Table 6. The buckling load and vertical displacements of simple–simple supported samples.

Sample	Maximum Load (N)	Rate of Increase (%)	Maximum Displacement (mm)
NEAT1	922.20	—	5.48
NEAT2	945.28	—	6.73
CNT1	1040.44	12.8 and 10	6.30
CNT2	1031.68	11.8 and 9.1	6.35

). In other words, samples with CNT carried a 11% greater buckling load on average than samples with NEAT. All specimens had vertical displacements between 5.48 mm and 6.73 mm due to buckling. This shows that the simple–simple supported CNT specimens achieved similar displacement with a higher buckling load. When Figure 9 is examined, it can be seen that the mean buckling load value of CNT1 and CNT2 was 3817 N as a result of the buckling test, while it was calculated as 3572 N for NEAT1 and NEAT2. The average load-carrying capacity for the clamped–clamped boundary condition was 268% higher in the CNT samples and 282% higher in the NEAT samples compared to the simple–simple condition (

Table 7. The buckling load and vertical displacements of clamped–clamped supported samples.

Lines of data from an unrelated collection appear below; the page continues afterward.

-- ===== src/Accounting/Pricing/Last.antt =====
-- Which of the items `matchExact` finds.
use syrogo.Base.{
  ◌≡◌, refl, ap, ◌∙◌, inl, inr, Bool, ◌&&◌, List, [], ◌∷◌, ◌++◌, Option, none, some, if◌then◌else◌,
  Bool-cases, is_nil,
}
use syrogo.Router.Wildcard.{Bytes, bytes_eq}
use syrogo.Accounting.Pricing.{
  CostLib, AccountingPrice, backwards, is_blank, match_scan, match_exact,
}

-- The first or the last element with a property, and a second choice.
module _ {ℓ} {A : Type ℓ} where
  abbrev pub first_of : (A → Bool) → List A → Option A
  first_of q [] = none
  first_of q (x ∷ xs) = if q x then some x else first_of q xs

  abbrev pub or_else : Option A → Option A → Option A
  or_else none o = o
  or_else (some x) o = some x

  abbrev pub last_of : (A → Bool) → List A → Option A
  last_of q [] = none
  last_of q (x ∷ xs) = or_else (last_of q xs) (if q x then some x else none)

  first_of-append :
      (q : A → Bool) (xs ys : List A)
      → first_of q (xs ++ ys) ≡ or_else (first_of q xs) (first_of q ys)
  first_of-append q [] ys = refl
  first_of-append q (x ∷ xs) ys = elim (Bool-cases (q x)) [
    | inl h ↦ rw h refl
    | inr h ↦ rw h (first_of-append q xs ys)
  ]

  first_of-backwards : (q : A → Bool) (xs : List A) → first_of q (backwards xs) ≡ last_of q xs
  first_of-backwards q [] = refl
  first_of-backwards q (x ∷ xs) =
      first_of-append q (backwards xs) (x ∷ [])
      ∙ ap (λ o. or_else o (if q x then some x else none)) (first_of-backwards q xs)

module _ (lib : CostLib) (provider model : Bytes) where
  -- An item for the model of the provider, and one for the model of any provider.
  abbrev pub is_exact : AccountingPrice lib → Bool
  is_exact item = bytes_eq item.model model && bytes_eq item.provider provider

  abbrev pub is_general : AccountingPrice lib → Bool
  is_general item = bytes_eq item.model model && is_blank item.provider

  match_scan-first_of :
      (items : List (AccountingPrice lib)) (only : Option (AccountingPrice lib))
      → match_scan lib provider model only items
        ≡ or_else (first_of is_exact items) (or_else only (first_of is_general items))
  unfolding match_scan
  match_scan-first_of [] none = refl
  match_scan-first_of [] (some o) = refl
  match_scan-first_of (item ∷ items) only = elim (Bool-cases (bytes_eq item.model model)) [
    | inr h ↦ rw h (match_scan-first_of items only)
    | inl h ↦ elim (Bool-cases (bytes_eq item.provider provider)) [
      | inl k ↦ rw (h, k) refl
      | inr k ↦ rw (h, k) (second item items only (λ o. match_scan-first_of items o))
    ]
  ]
    where
      second :
          (item : AccountingPrice lib) (items : List (AccountingPrice lib))
          (only : Option (AccountingPrice lib))
          → ((o : Option (AccountingPrice lib))
              → match_scan lib provider model o items
                ≡ or_else (first_of is_exact items) (or_else o (first_of is_general items)))
          → match_scan lib provider model
              (if is_blank item.provider && is_nil only then some item else only)
              items
            ≡ or_else (first_of is_exact items) (
                or_else only
                  (if is_blank item.provider then some item else first_of is_general items))
      second item items none rest = elim (Bool-cases (is_blank item.provider)) [
        | inl b ↦ rw b (rest (some item))
        | inr b ↦ rw b (rest none)
      ]
      second item items (some o) rest = elim (Bool-cases (is_blank item.provider)) [
        | inl b ↦ rw b (rest (some o))
        | inr b ↦ rw b (rest (some o))
      ]

-- The price found is that of the last item for the model of the provider, and where there is none
-- that of the last item for the model of no particular provider.
pub match_exact-last_of :
    (lib : CostLib) (items : List (AccountingPrice lib)) (provider model : Bytes)
    → match_exact lib items provider model
      ≡ or_else
          (last_of (is_exact lib provider model) items)
          (last_of (is_general lib provider model) items)
unfolding match_exact
match_exact-last_of lib items provider model =
    match_scan-first_of lib provider model (backwards items) none
    ∙ rw
        (
          first_of-backwards (is_exact lib provider model) items,
          first_of-backwards (is_general lib provider model) items,
        )
        refl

Sample	Maximum Load (N)	Rate of Increase (%)	Maximum Displacement (mm)
NEAT1	3516.02	—	3.88
NEAT2	3629.42	—	4.11
CNT1	3825.80	8.8 and 5.4	4.02
CNT2	3808.21	8.3 and 4.9	4.13

). Up until the critical buckling threshold, the specimens showed a more rigid behavior as a result of the clamped–clamped boundary conditions.

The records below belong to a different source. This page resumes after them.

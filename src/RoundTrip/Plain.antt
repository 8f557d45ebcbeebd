-- ===== src/RoundTrip/Plain.antt =====
-- PHP values that BSON can hold as they are, with the elements that they become.
use dotdeb_php_mongodb.Prelude.{
  ◌<◌, ℤ, Bytes, true, false, none, some, has_nul, ◌≡◌, ltb_ℤ, int32_min, int32_max, ◌||◌,
  if◌then◌else◌,
}
use dotdeb_php_mongodb.Bson.{Bson, Doc, finish, element}
use dotdeb_php_mongodb.Php.{
  Key, index, name, BsonObject, objectid, utcdatetime, Zval, Table, empty, entry, Env,
}
use dotdeb_php_mongodb.Php.Hash.{find, ◌⧺◌}
use dotdeb_php_mongodb.Regex.{sort_flags}
use dotdeb_php_mongodb.Encode.{Shape, as_array, as_document, keys_from}
use dotdeb_php_mongodb.Decode.Visitors.{symtable_key}

-- The key of an element, from the key of an array.
abbrev pub key_text : Env → Key → Bytes
key_text env (index i) = env.long_to_str i
key_text env (name s) = s

abbrev pub HasNoNul : Key → Type 0
HasNoNul (index i) = Unit
HasNoNul (name s) = has_nul s ≡ false

-- The keys of a table that becomes a document: each is read back as it was, and is new among those
-- before it.
abbrev pub KeysFit : Env → Table → Table → Type 0
KeysFit env before empty = Unit
KeysFit env before (entry k v t) =
    HasNoNul k
    × (symtable_key env (key_text env k) ≡ k)
    × (find before k ≡ none)
    × KeysFit env (before ⧺ entry k v empty) t

-- An object of MongoDB\BSON whose parts libbson gives back.
abbrev pub IsStable : Env → BsonObject → Type 0
IsStable env (objectid h) = env.oid_to_string (env.oid_from_string h) ≡ h
IsStable env (BsonObject.binary t d) = t < 256
IsStable env (BsonObject.regex p f) = (has_nul p ≡ false) × (has_nul f ≡ false) × (sort_flags f ≡ f)
IsStable env (BsonObject.javascript c s) = has_nul c ≡ false
IsStable env _ = Unit

abbrev pub KeysFitAs : Env → Shape → Table → Type 0
KeysFitAs env as_array t = Unit
KeysFitAs env as_document t = KeysFit env empty t

-- Values made of scalars, valid UTF-8, arrays and the objects of MongoDB\BSON.
abbrev mutual
  pub IsPlain : Env → Zval → Type 0
  IsPlain env Zval.null = Unit
  IsPlain env (Zval.bool b) = Unit
  IsPlain env (Zval.long v) = Unit
  IsPlain env (Zval.double d) = Unit
  IsPlain env (Zval.string s) = env.utf8_validate s ≡ true
  IsPlain env (Zval.array t) = KeysFitAs env (keys_from 0 t) t × ArePlain env t
  IsPlain env (Zval.bson o) = IsStable env o
  IsPlain env (Zval.object c p r) = ⊥
  IsPlain env (Zval.indirect z) = ⊥
  IsPlain env (Zval.reference z) = ⊥
  IsPlain env (Zval.unsupported n) = ⊥

  pub ArePlain : Env → Table → Type 0
  ArePlain env empty = Unit
  ArePlain env (entry k v t) = IsPlain env v × ArePlain env t

unfoldable pub bson_of_object : Env → BsonObject → Bson
bson_of_object env (objectid h) = Bson.oid (env.oid_from_string h)
bson_of_object env (utcdatetime ms) = Bson.date_time ms
bson_of_object env (BsonObject.binary t d) = Bson.binary t d
bson_of_object env (BsonObject.decimal128 h l) = Bson.decimal128 h l
bson_of_object env (BsonObject.regex p f) = Bson.regex p f
bson_of_object env (BsonObject.javascript c (some s)) = Bson.codewscope c s
bson_of_object env (BsonObject.javascript c none) = Bson.code c
bson_of_object env (BsonObject.timestamp i t) = Bson.timestamp t i
bson_of_object env BsonObject.maxkey = Bson.maxkey
bson_of_object env BsonObject.minkey = Bson.minkey

unfoldable pub bson_of_int : ℤ → Bson
bson_of_int v = if ltb_ℤ int32_max v || ltb_ℤ v int32_min then Bson.int64 v else Bson.int32 v

unfoldable pub wrap : Shape → Doc → Bson
wrap as_array d = Bson.array d
wrap as_document d = Bson.document d

unfoldable mutual
  unfolding bson_of_object bson_of_int wrap

  pub bson_of : Env → Zval → Bson
  bson_of env (Zval.bool b) = Bson.bool b
  bson_of env (Zval.long v) = bson_of_int v
  bson_of env (Zval.double d) = Bson.double d
  bson_of env (Zval.string s) = Bson.utf8 s
  bson_of env (Zval.array t) = wrap (keys_from 0 t) (elements env t)
  bson_of env (Zval.bson o) = bson_of_object env o
  bson_of env _ = Bson.null

  pub elements : Env → Table → Doc
  elements env empty = finish
  elements env (entry k v t) = element (key_text env k) (bson_of env v) (elements env t)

Final damage views on the samples are given in Figure 10. The final damage in both support boundary conditions was fiber breakage. However, this situation was observed more clearly in the clamped–clamped boundary condition.

6. Conclusions

In this paper, the impact of CNTs on the buckling analysis of CNTRC beams was analyzed analytically and experimentally. The mechanical behavior of composites was considerably altered by small CNT ratios. Considering the literature, significant improvements were obtained in the case of low CNT ratios.

• The experimental outcomes indicated that adding CNT can improve a composite’s mechanical performance by up to 0.3%;
• The developed analytical model and the previously presented experimental results exhibited great agreement;
• The average load-carrying capacity for the clamped–clamped boundary condition was 268% higher in the CNT samples and 282% higher in the NEAT samples compared to the simple–simple condition. Therefore, the supporting conditions of the samples caused the capacity and load–displacement curves of buckling behavior to change;
• The damage modes that occurred after compression and buckling were intense fiber breakage. In other words, in all buckling tests, it was observed that the damage initiated with micro cracks and showed progressive damage in the form of fiber rupture.

This study was limited to CNTRC beams and to the compression and elastic buckling behavior. In further research, many different types of laminates could be employed.